Go error handling is not like that. But I can sure as hell say fairly that Go
error handling is likely also not similar to what you did for 20 years in the
80s and 90s either. Rob Pike and friends surely knew a lot about what
programming was like at that time. I, being relatively a youngster, don’t
first hand, but I can tell you my experiences with C++, PHP, Python have not
been nearly as good as Go with error handling.

For one thing, C++ has no rigid standard for how to handle errors. Some people
use exceptions, some used error methods on classes (including the standard
library,) some used special integer or enumeration values (...including the
standard library,) and some had libraries and frameworks have their own magic
error handling mechanisms. This cognitive overhead was horrible. C wasn’t much
better; atoi is a case study in why error handling in C sucks. Libraries that
tried to standardize it, like SDL, were bearable if it was all you used, but
it probably wasn’t, and some APIs, like Win32, made it even worse. (And I
suppose it is worth at least mentioning setjmp/longjmp error handling. I don’t
think it’s necessary to comment on why it’s not good.)
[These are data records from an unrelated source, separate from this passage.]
-- ===== src/Table/Startup.antt =====
-- src/table.c: the filters that the program starts with and takes back at its end.
pub mod Served
pub mod Slots
use tsanalyze.Base.{
  ℕ, zero, suc, ◌+◌, ◌≤◌, ◌<◌, ◌==◌, ==_refl, ==_ne, if◌then◌else◌, Bool, true, false, Option, none,
  some, List, [], ◌∷◌, ◌++◌, ◌>>=◌,
}
use tsanalyze.Base.{length, length-append, replicate, ◌≡◌, ◌≢◌, refl, sym, ◌∙◌, ap, arith}
use native.Mathlib.Decide.{ℕ_discrete}
use tsanalyze.Bitmap.{Bitmap, bitmap64_set}
use tsanalyze.Filter.{Filters, FilterSlot, num_filter_max}
use tsanalyze.Filter.Registry.{filter_rebuild_rest}
use tsanalyze.Table.Register.{
  init_table_filter, uninit_table_filter, init_table_filter_lem, table_slot,
}
use tsanalyze.Table.Ops.{
  Psi, Callback, nit_pid, pat_proc, cat_proc, tsdt_proc, nit_proc, eit_proc, sdt_bat_proc,
  tdt_tot_proc, atsc_psip_proc, default_proc,
}

-- The arguments of a call of `init_table_filter`.
pub record Entry : Type 0 where
  pub pid : ℕ
  pub tableid : ℕ
  pub mask : ℕ
  pub func : Callback

abbrev entry : ℕ → ℕ → ℕ → Callback → Entry
entry pid tableid mask func = record { pid = pid; tableid = tableid; mask = mask; func = func }

abbrev pub mgt_pid : ℕ
mgt_pid = 0x1FFB

abbrev pub si_entries : List Entry
si_entries =
    entry 0x00 0x00 0xFF pat_proc
    ∷ entry 0x01 0x01 0xFF cat_proc
    ∷ entry 0x02 0x03 0xFF tsdt_proc
    ∷ entry 0x10 0x40 0xFE nit_proc
    ∷ entry 0x12 0x4E 0xFE eit_proc
    ∷ entry 0x11 0x42 0xFF sdt_bat_proc
    ∷ entry 0x11 0x46 0xFF sdt_bat_proc
    ∷ entry 0x11 0x4A 0xFF sdt_bat_proc
    ∷ entry 0x14 0x70 0xFF tdt_tot_proc
    ∷ entry 0x14 0x73 0xFF tdt_tot_proc
    ∷ []

abbrev pub psip_entries : List Entry
psip_entries =
    entry mgt_pid 0xC7 0xFF atsc_psip_proc
    ∷ entry mgt_pid 0xC8 0xFF atsc_psip_proc
    ∷ entry mgt_pid 0xC9 0xFF atsc_psip_proc
    ∷ entry mgt_pid 0xCA 0xFF atsc_psip_proc
    ∷ entry mgt_pid 0xCC 0xFF atsc_psip_proc
    ∷ entry mgt_pid 0xCB 0xFF atsc_psip_proc
    ∷ entry mgt_pid 0xCD 0xFF atsc_psip_proc
    ∷ entry mgt_pid 0xD3 0xFF atsc_psip_proc
    ∷ entry mgt_pid 0xD4 0xFF atsc_psip_proc
    ∷ []

-- The calls in a row.
unfoldable pub init_entries : Bool → List Entry → Filters Callback → Option (Filters Callback)
init_entries memory [] fs = some fs
init_entries memory (e ∷ rest) fs = do
  fs' ← init_table_filter memory e.pid e.tableid e.mask e.func fs
  init_entries memory rest fs'

unfoldable pub uninit_entries : List Entry → Filters Callback → Option (Filters Callback)
uninit_entries [] fs = some fs
uninit_entries (e ∷ rest) fs = do
  fs' ← uninit_table_filter e.pid e.tableid e.mask fs
  uninit_entries rest fs'

-- The PIDs that the user chose, from `i` on, with `left` rounds to go.
unfoldable pub chosen_from : (ℕ → Bool) → ℕ → ℕ → List Entry
chosen_from pids zero i = []
chosen_from pids (suc left) i =
    let later = chosen_from pids left (i + 1) in
    if pids i then entry i 0 0 default_proc ∷ later else later

abbrev pub ts_max_pid : ℕ
ts_max_pid = 8191

-- What `psi_table_init` leaves of the bitmaps.
abbrev pub no_pids : Bitmap
no_pids = replicate 128 0

-- The calls once the chosen PIDs are known; `memory` says whether `realloc` gives the memory.
unfoldable pub start_tables : Bool → List Entry → Filters Callback → Option Psi
start_tables memory [] fs = do
  fs' ← init_entries memory (si_entries ++ psip_entries) fs
  section_bitmap' ← bitmap64_set no_pids mgt_pid
  some (record { pmt_bitmap = no_pids; section_bitmap = section_bitmap'; filters = fs' })
start_tables memory (e ∷ rest) fs = do
  fs' ← init_entries memory (e ∷ rest) fs
  some (record { pmt_bitmap = no_pids; section_bitmap = no_pids; filters = fs' })

-- `pids` says which entries of `tsaconf->pids` are 1.
unfoldable pub init_table_ops : Bool → (ℕ → Bool) → Filters Callback → Option Psi
init_table_ops memory pids fs = start_tables memory (chosen_from pids ts_max_pid 0) fs

unfoldable pub uninit_table_ops : Psi → Option Psi
uninit_table_ops psi = do
  fs' ← uninit_entries (si_entries ++ psip_entries) psi.filters
  some (record psi { filters = fs' })

-- The slots of the calls on one PID, in order.
abbrev pub slots_at : ℕ → List Entry → List (FilterSlot Callback)
slots_at q [] = []
slots_at q (e ∷ rest) =
    if q == e.pid
    then table_slot e.pid e.tableid e.mask e.func ∷ slots_at q rest
    else slots_at q rest
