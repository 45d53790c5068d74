-- ===== src/Table/Startup/Served.antt =====
-- src/table.c: which callback takes a section by its PID and table id, once the tables are entered.
use tsanalyze.Base.{
  ℕ, ◌*◌, ◌/◌, ◌<◌, ◌==◌, leb, bit_and, ◌&&◌, ◌||◌, if◌then◌else◌, Bool, true, false, Bool-cases,
  all_below, all_below-lt, Option, none, some, List, [], ◌∷◌, ◌++◌, Bytes, ◌≡◌, refl, ap, inl, inr,
  arith, subst,
}
use tsanalyze.Base.Bits.{bit_and_mask}
use tsanalyze.Filter.{FilterSlot, filter_match}
use tsanalyze.Table.Ops.{
  Callback, pat_proc, cat_proc, tsdt_proc, nit_proc, eit_proc, sdt_bat_proc, tdt_tot_proc,
  atsc_psip_proc,
}
use tsanalyze.Table.Startup.{slots_at, si_entries, psip_entries}

-- Whether a match is one; a fault is none.
abbrev taken : Option Bool → Bool
taken none = false
taken (some b) = b

-- The callbacks of the slots that match a section, in order.
unfoldable pub takers : {Cb : Type 0} → Bytes → List (FilterSlot Cb) → List (Option Cb)
takers buf [] = []
takers buf (s ∷ ss) =
    let rest = takers buf ss in if taken (filter_match s.para buf) then s.callback ∷ rest else rest

pub takers-append :
    {Cb : Type 0} (buf : Bytes) (front back : List (FilterSlot Cb))
    → takers buf (front ++ back) ≡ takers buf front ++ takers buf back
unfolding takers
takers-append buf [] back = refl
takers-append buf (s ∷ front) back = elim (Bool-cases (taken (filter_match s.para buf))) [
  | inl matches ↦ rw matches (ap (λ l. s.callback ∷ l) (takers-append buf front back))
  | inr other ↦ rw other (takers-append buf front back)
]

abbrev one_if : Bool → Callback → List (Option Callback)
one_if b callback = if b then some callback ∷ [] else []

-- The callback of a table by the PID that it comes on and its table id: the PAT, the CAT and the
-- TSDT; the NIT of this network and of others; the SDT of this stream and of others, and the BAT; the
-- EIT of the present and the following event; the TDT and the TOT; the tables of PSIP.
abbrev pub served : ℕ → ℕ → List (Option Callback)
served pid t =
    if pid == 0
    then one_if (t == 0) pat_proc
    else if pid == 1
    then one_if (t == 1) cat_proc
    else if pid == 2
    then one_if (t == 3) tsdt_proc
    else if pid == 0x10
    then one_if (t == 0x40 || t == 0x41) nit_proc
    else if pid == 0x11
    then one_if (t == 0x42 || t == 0x46 || t == 0x4A) sdt_bat_proc
    else if pid == 0x12
    then one_if (t == 0x4E || t == 0x4F) eit_proc
    else if pid == 0x14
    then one_if (t == 0x70 || t == 0x73) tdt_tot_proc
    else if pid == 0x1FFB
    then one_if ((leb 0xC7 t && leb t 0xCD) || t == 0xD3 || t == 0xD4) atsc_psip_proc
    else []

even_checked : all_below 256 (λ t. bit_and t 0xFE == t / 2 * 2) ≡ true
unfolding all_below
even_checked = refl

even_lem : (t : ℕ) → t < 256 → bit_and t 0xFE ≡ t / 2 * 2
even_lem t small = ground (arith, all_below-lt 256 _ t even_checked small)

full_lem : (t : ℕ) → t < 256 → bit_and t 0xFF ≡ t
full_lem t small = omega (arith, bit_and_mask 8 t)

takers-served_0 :
    (t : ℕ) (rest : Bytes)
    → t < 256
    → takers (t ∷ rest) (slots_at 0 (si_entries ++ psip_entries)) ≡ served 0 t
unfolding takers filter_match
takers-served_0 t rest small = rw (full_lem t small) (ground arith)

takers-served_1 :
    (t : ℕ) (rest : Bytes)
    → t < 256
    → takers (t ∷ rest) (slots_at 1 (si_entries ++ psip_entries)) ≡ served 1 t
unfolding takers filter_match
takers-served_1 t rest small = rw (full_lem t small) (ground arith)

takers-served_2 :
    (t : ℕ) (rest : Bytes)
    → t < 256
    → takers (t ∷ rest) (slots_at 2 (si_entries ++ psip_entries)) ≡ served 2 t
unfolding takers filter_match
takers-served_2 t rest small = rw (full_lem t small) (ground arith)

takers-served_0x10 :
    (t : ℕ) (rest : Bytes)
    → t < 256
    → takers (t ∷ rest) (slots_at 0x10 (si_entries ++ psip_entries)) ≡ served 0x10 t
unfolding takers filter_match
takers-served_0x10 t rest small = rw (even_lem t small) (ground arith)

takers-served_0x11 :
    (t : ℕ) (rest : Bytes)
    → t < 256
    → takers (t ∷ rest) (slots_at 0x11 (si_entries ++ psip_entries)) ≡ served 0x11 t
unfolding takers filter_match
takers-served_0x11 t rest small = rw (full_lem t small) (ground arith)

takers-served_0x12 :
    (t : ℕ) (rest : Bytes)
    → t < 256
    → takers (t ∷ rest) (slots_at 0x12 (si_entries ++ psip_entries)) ≡ served 0x12 t
unfolding takers filter_match
takers-served_0x12 t rest small = rw (even_lem t small) (ground arith)

takers-served_0x14 :
    (t : ℕ) (rest : Bytes)
    → t < 256
    → takers (t ∷ rest) (slots_at 0x14 (si_entries ++ psip_entries)) ≡ served 0x14 t
unfolding takers filter_match
takers-served_0x14 t rest small = rw (full_lem t small) (ground arith)

abbrev AllOf : (ℕ → Type 0) → List ℕ → Type 0
AllOf p [] = Unit {0}
AllOf p (k ∷ ks) = p k × AllOf p ks

abbrev NoneOf : ℕ → List ℕ → Type 0
NoneOf t [] = Unit {0}
NoneOf t (k ∷ ks) = ((t == k) ≡ false) × NoneOf t ks

by_values : (p : ℕ → Type 0) (ks : List ℕ) (t : ℕ) → AllOf p ks → (NoneOf t ks → p t) → p t
by_values p [] t all other = other tt
by_values p (k ∷ ks) t all other = elim (Bool-cases (t == k)) [
  | inl same ↦ subst p (ground (arith, same)) all.0
  | inr ne ↦ by_values p ks t all.1 (λ later. other (ne, later))
]

takers-served_0x1FFB :
    (t : ℕ) (rest : Bytes)
    → t < 256
    → takers (t ∷ rest) (slots_at 0x1FFB (si_entries ++ psip_entries)) ≡ served 0x1FFB t
unfolding takers filter_match
takers-served_0x1FFB t rest small =
    by_values
      (λ k. takers (k ∷ rest) (slots_at 0x1FFB (si_entries ++ psip_entries)) ≡ served 0x1FFB k)
      (0xC7 ∷ 0xC8 ∷ 0xC9 ∷ 0xCA ∷ 0xCB ∷ 0xCC ∷ 0xCD ∷ 0xD3 ∷ 0xD4 ∷ []) t
      (refl, (refl, (refl, (refl, (refl, (refl, (refl, (refl, (refl, tt)))))))))
      (λ n.
        let outside : (leb 0xC7 t && leb t 0xCD) ≡ false =
          ground
            (arith, n.0, n.1.0, n.1.1.0, n.1.1.1.0, n.1.1.1.1.0, n.1.1.1.1.1.0, n.1.1.1.1.1.1.0) in
        rw
          (
            full_lem t small,
            n.0,
            n.1.0,
            n.1.1.0,
            n.1.1.1.0,
            n.1.1.1.1.0,
            n.1.1.1.1.1.0,
            n.1.1.1.1.1.1.0,
            n.1.1.1.1.1.1.1.0,
            n.1.1.1.1.1.1.1.1.0,
            outside,
          )
          refl)

-- Once the tables are entered, a section is taken on its PID by the callback of its table alone.
pub takers-served :
    (q t : ℕ) (rest : Bytes)
    → t < 256
    → takers (t ∷ rest) (slots_at q (si_entries ++ psip_entries)) ≡ served q t
unfolding takers filter_match
takers-served q t rest small =
    by_values (λ k. takers (t ∷ rest) (slots_at k (si_entries ++ psip_entries)) ≡ served k t)
      (0 ∷ 1 ∷ 2 ∷ 0x10 ∷ 0x11 ∷ 0x12 ∷ 0x14 ∷ 0x1FFB ∷ []) q
      (
        takers-served_0 t rest small,
        (
          takers-served_1 t rest small,
          (
            takers-served_2 t rest small,
            (
              takers-served_0x10 t rest small,
              (
                takers-served_0x11 t rest small,
                (
                  takers-served_0x12 t rest small,
                  (takers-served_0x14 t rest small, (takers-served_0x1FFB t rest small, tt)),
                ),
              ),
            ),
          ),
        ),
      )
      (λ n.
        rw
          (
            n.0, n.1.0, n.1.1.0, n.1.1.1.0, n.1.1.1.1.0, n.1.1.1.1.1.0, n.1.1.1.1.1.1.0,
            n.1.1.1.1.1.1.1.0,
          )
          refl)
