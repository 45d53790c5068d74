-- ===== src/Table/Startup/Slots.antt =====
-- src/table.c: the slots of a PID after a row of calls of `init_table_filter`.
use tsanalyze.Base.{
  ℕ, ◌+◌, ◌≤◌, ◌<◌, ◌==◌, ==_refl, ==_ne, if◌then◌else◌, Bool, true, some, Bytes, List, [], ◌∷◌,
  ◌++◌,
}
use tsanalyze.Base.{
  length, length-append, ◌≡◌, refl, sym, subst, inl, inr, Bool-cases, ◌∙◌, ap, arith,
}
use mathlib.Core.List.{append-nil, append_assoc}
use native.Mathlib.Decide.{ℕ_discrete}
use tsanalyze.Filter.{Filters, num_filter_max}
use tsanalyze.Filter.Registry.{filter_rebuild_rest}
use tsanalyze.Table.Register.{init_table_filter, init_table_filter_lem, table_slot}
use tsanalyze.Table.Ops.{Callback}
use tsanalyze.Bitmap.Laws.{get-set, bitmap64_get-set}
use tsanalyze.Table.Ops.{Psi, check_section_pid}
use tsanalyze.Table.Startup.Served.{takers, takers-append, served, takers-served}
use tsanalyze.Table.Startup.{
  Entry, init_entries, slots_at, chosen_from, ts_max_pid, init_table_ops, start_tables, si_entries,
  psip_entries, no_pids, mgt_pid,
}

slots_at-cons :
    (q : ℕ) (e : Entry) (rest : List Entry)
    → slots_at q (e ∷ rest) ≡ slots_at q (e ∷ []) ++ slots_at q rest
slots_at-cons q e rest = elim (Bool-cases (q == e.pid)) [
  | inl here ↦ rw here refl
  | inr elsewhere ↦ rw elsewhere refl
]

length-slots_at_one : (q : ℕ) (e : Entry) → length (slots_at q (e ∷ [])) ≤ 1
length-slots_at_one q e = ground arith

init_one :
    (e : Entry) (fs : Filters Callback)
    → length (fs e.pid).slots < num_filter_max
    → (fs' : Filters Callback) × (init_table_filter true e.pid e.tableid e.mask e.func fs
        ≡ some fs')
      × ((q : ℕ) → (fs' q).slots ≡ (fs q).slots ++ slots_at q (e ∷ []))
init_one e fs room =
    let (fs', entered, head, others) =
      init_table_filter_lem e.pid e.tableid e.mask e.func fs room in
    let s = table_slot e.pid e.tableid e.mask e.func in
    let here : (fs' e.pid).slots ≡ (fs e.pid).slots ++ slots_at e.pid (e ∷ []) =
      ap (λ h. h.slots) head
      ∙ (filter_rebuild_rest _).0
      ∙ sym (ap (λ b. (fs e.pid).slots ++ (if b then s ∷ [] else [])) (==_refl e.pid)) in
    (
      fs',
      entered,
      λ q. elim (ℕ_discrete q e.pid) [
        | yes same ↦
            subst (λ k. (fs' k).slots ≡ (fs k).slots ++ slots_at k (e ∷ [])) (sym same) here
        | no other ↦
            rw (==_ne q e.pid other)
              (ap (λ h. h.slots) (others q other) ∙ sym (append-nil (fs q).slots))
      ],
    )

-- With room for all of them on every PID, the calls that `init_table_ops` makes in a row append to
-- each PID's slots those of the calls on that PID, in order.
pub init_entries_lem :
    (entries : List Entry) (fs : Filters Callback)
    → ((q : ℕ) → length (fs q).slots + length entries ≤ num_filter_max)
    → (fs' : Filters Callback) × (init_entries true entries fs ≡ some fs')
      × ((q : ℕ) → (fs' q).slots ≡ (fs q).slots ++ slots_at q entries)
unfolding init_entries
init_entries_lem [] fs room = (fs, refl, λ q. sym (append-nil (fs q).slots))
init_entries_lem (e ∷ rest) fs room =
    let (fs', entered, after) = init_one e fs (omega (arith, room e.pid)) in
    let (fs'', ran, slots) = init_entries_lem rest fs' (λ q. omega (
      arith,
      room q,
      length-slots_at_one q e,
      ap length (after q),
      length-append (fs q).slots (slots_at q (e ∷ [])),
    )) in
    (
      fs'',
      rw entered ran,
      λ q.
          slots q
          ∙ ap (λ front. front ++ slots_at q rest) (after q)
          ∙ append_assoc (fs q).slots (slots_at q (e ∷ [])) (slots_at q rest)
          ∙ ap (λ back. (fs q).slots ++ back) (sym (slots_at-cons q e rest)),
    )

-- If the user chose no PID and every PID has room for 19 more filters, after `init_table_ops` a
-- section is taken by the callbacks that took it before on its PID and then by the one of its table,
-- if it is a table that the program starts with: the PAT on PID 0, the CAT on 1, the TSDT on 2, the
-- NIT on 0x10, the SDT and the BAT on 0x11, the EIT of the present and the following event on 0x12,
-- the TDT and the TOT on 0x14, and nine tables of PSIP on 0x1FFB, which is marked as a PID that
-- carries sections.
pub init_table_ops_lem :
    (pids : ℕ → Bool) (fs : Filters Callback)
    → chosen_from pids ts_max_pid 0 ≡ []
    → ((q : ℕ) → length (fs q).slots + 19 ≤ num_filter_max)
    → (psi : Psi) × (init_table_ops true pids fs ≡ some psi)
      × ((q t : ℕ) (rest : Bytes)
          → t < 256
          → takers (t ∷ rest) (psi.filters q).slots ≡ takers (t ∷ rest) (fs q).slots ++ served q t)
      × (check_section_pid mgt_pid psi ≡ some true)
unfolding init_table_ops start_tables check_section_pid
init_table_ops_lem pids fs none_chosen room =
    let (fs', ran, slots) = init_entries_lem (si_entries ++ psip_entries) fs room in
    let (bitmap', marked, _, _) = get-set no_pids mgt_pid mgt_pid (omega arith) (omega arith) in
    (
      record { pmt_bitmap = no_pids; section_bitmap = bitmap'; filters = fs' },
      ap (λ chosen. start_tables true chosen fs) none_chosen ∙ rw (ran, marked) refl,
      λ q t rest small.
          ap (takers (t ∷ rest)) (slots q)
          ∙ takers-append (t ∷ rest) (fs q).slots (slots_at q (si_entries ++ psip_entries))
          ∙ ap (λ l. takers (t ∷ rest) (fs q).slots ++ l) (takers-served q t rest small),
      bitmap64_get-set no_pids bitmap' mgt_pid mgt_pid (omega arith) (omega arith) marked,
    )
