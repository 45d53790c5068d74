-- ===== src/Table/Tests.antt =====
-- src/table.c: registering a table's filter and taking it back, on an empty registry.
use tsanalyze.Base.{ℕ, true, false, some, [], ◌≡◌, ◌≢◌, refl, arith}
use tsanalyze.Filter.{Filters, lookup_from, same_param, filter_rebuild, no_slot}
use tsanalyze.Table.Register.{init_table_filter, uninit_table_filter, table_slot, entered_head}
use tsanalyze.Base.{Bool, false, ◌∷◌, ◌<◌, Bytes}
use tsanalyze.Table.Ops.{Psi, scte_proc, check_section_pid}
use tsanalyze.Table.Startup.{no_pids, init_table_ops, chosen_from}
use tsanalyze.Table.Startup.Served.{takers, served}
use tsanalyze.Table.Startup.Slots.{init_table_ops_lem}
use tsanalyze.Base.{◌+◌, ◌*◌}
use tsanalyze.Table.Version.{go_on, check_section_header_version, version-encode}
use tsanalyze.Table.Undo.{uninit-init}

abbrev empty : Filters ℕ
empty pid = record { cap = 0; slots = []; map = λ _. no_slot; multi = false }

abbrev one_table : Filters ℕ
one_table pid = entered_head (empty pid) (table_slot 0x11 0x42 0xFF 1)

uninit-init_example :
    (fs' fs'' : Filters ℕ) × (init_table_filter true 0x11 0x46 0xFF 7 one_table ≡ some fs')
    × (uninit_table_filter 0x11 0x46 0xFF fs' ≡ some fs'')
    × ((fs'' 0x11).slots ≡ (one_table 0x11).slots)
    × (filter_rebuild (fs'' 0x11) ≡ fs'' 0x11)
    × ((q : ℕ) → q ≢ 0x11 → fs'' q ≡ one_table q)
unfolding filter_rebuild lookup_from same_param
uninit-init_example = uninit-init 0x11 0x46 0xFF 7 one_table (omega arith) refl

-- No PID carries sections, and there are no filters.
abbrev started : Psi
started = record {
  pmt_bitmap = no_pids;
  section_bitmap = no_pids;
  filters = λ _. record { cap = 0; slots = []; map = λ _. no_slot; multi = false };
}

-- A PID with the filter of the splice table.
abbrev spliced : Psi
spliced = record started {
  filters = λ _. record {
    cap = 4;
    slots = table_slot 0x100 0xFC 0xFF scte_proc ∷ [];
    map = λ _. no_slot;
    multi = false;
  };
}

abbrev none_chosen : ℕ → Bool
none_chosen pid = false

init_table_ops_example :
    (psi : Psi) × (init_table_ops true none_chosen started.filters ≡ some psi)
    × ((q t : ℕ) (rest : Bytes) → t < 256 → takers (t ∷ rest) (psi.filters q).slots ≡ served q t)
    × (check_section_pid 0x1FFB psi ≡ some true)
unfolding chosen_from takers
init_table_ops_example = init_table_ops_lem none_chosen started.filters refl (λ q. omega arith)

-- The kept version is that of version 6; version 7 comes.
version-encode_example :
    check_section_header_version (some (0 ∷ 0xB0 ∷ 13 ∷ 0 ∷ 1 ∷ (3 * 64 + 7 * 2 + 1) ∷ [])) 19
    ≡ some go_on
version-encode_example =
    version-encode 0 0xB0 13 0 1 3 7 1 19 [] (omega arith) (omega arith) (omega arith) (omega arith)
      (omega arith)
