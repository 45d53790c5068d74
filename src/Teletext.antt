-- ===== src/Teletext.antt =====
-- src/teletext.c: the parity and the Hamming 8/4 code of teletext.
pub mod Hamming
pub mod Pages
mod Tests
use tsanalyze.Base.{
  ℕ, ◌+◌, ◌-◌, ◌*◌, ◌/◌, ◌%◌, ◌^◌, ◌==◌, ◌&&◌, ◌||◌, if◌then◌else◌, bit_and, bit_or, u8, Bool, true,
  false, not, Option, none, some, ◌<<<◌, ◌>>>◌,
}

-- One line of `popcount`, with the shift and the mask of the line.
abbrev pub fold_bits : ℕ → ℕ → ℕ → ℕ
fold_bits shift mask u = bit_and u mask + bit_and (u >>> shift) mask

-- `popcount` as the source defines it for one compiler; the others have it built in.
unfoldable pub popcount : ℕ → ℕ
popcount u = fold_bits 16 0xFFFF (
    fold_bits 8 0xFF00FF
      (fold_bits 4 0xF0F0F0F (fold_bits 2 0x33333333 (fold_bits 1 0x55555555 u))))

abbrev pub odd_parity8_test : ℕ → Bool
odd_parity8_test value = popcount value % 2 == 1

-- `REVERSE_BIT` of a byte: `~(1 << v) & x`.
abbrev pub reverse_bit : ℕ → ℕ → ℕ
reverse_bit x v = bit_and (0xFF - (1 <<< v)) x

-- The bit that the three failed or passed tests point at.
abbrev pub wrong_bit : Bool → Bool → Bool → ℕ
wrong_bit a b c =
    if a && b && not c
    then 3
    else if a && c && not b
    then 5
    else if not a && b && c
    then 7
    else if not a && not b && c
    then 0
    else if not a && not c && b
    then 2
    else if a && not b && not c
    then 4
    else 6

-- `none` is the -1.
unfoldable pub decode_hamming8_code : ℕ → Option ℕ
unfolding popcount
decode_hamming8_code code =
    let a = odd_parity8_test (bit_and code 0xC5) in
    let b = odd_parity8_test (bit_and code 0x71) in
    let c = odd_parity8_test (bit_and code 0x5C) in
    let d = odd_parity8_test (bit_and code 0xFF) in
    if a && b && c
    then if d then some code else some (reverse_bit code 1)
    else if d
    then none
    else some (reverse_bit code (wrong_bit a b c))

-- `HAMMING8_DATA`
unfoldable pub hamming8_data : ℕ → ℕ
hamming8_data x =
    let y = bit_and x 0x55 in
    bit_or (bit_or (bit_or (bit_and (y >>> 6) 1) (bit_and (y >>> 3) 2)) (bit_and y 4))
      (bit_and (y <<< 3) 8)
Python exception handling is admittedly better, but its not really wonderful.
Exception handling code in Python is prone to breakage that is first detected
at runtime. If a function implementation changes, and the set of exceptions it
might throw changes, that’s an invisible API change that may cause an
unhandled exception in production. Not so great. Also, on a vaguely related
note, you can’t really do error values using multiple returns like in Go,
because Python doesn’t support multiple returns, only tuples, and refactoring
between returning values and tuples is likely to run into accidental runtime
errors (though you can paper over this issue a bit with type checking.)

PHP error handling sucks, I will withhold from elaborating.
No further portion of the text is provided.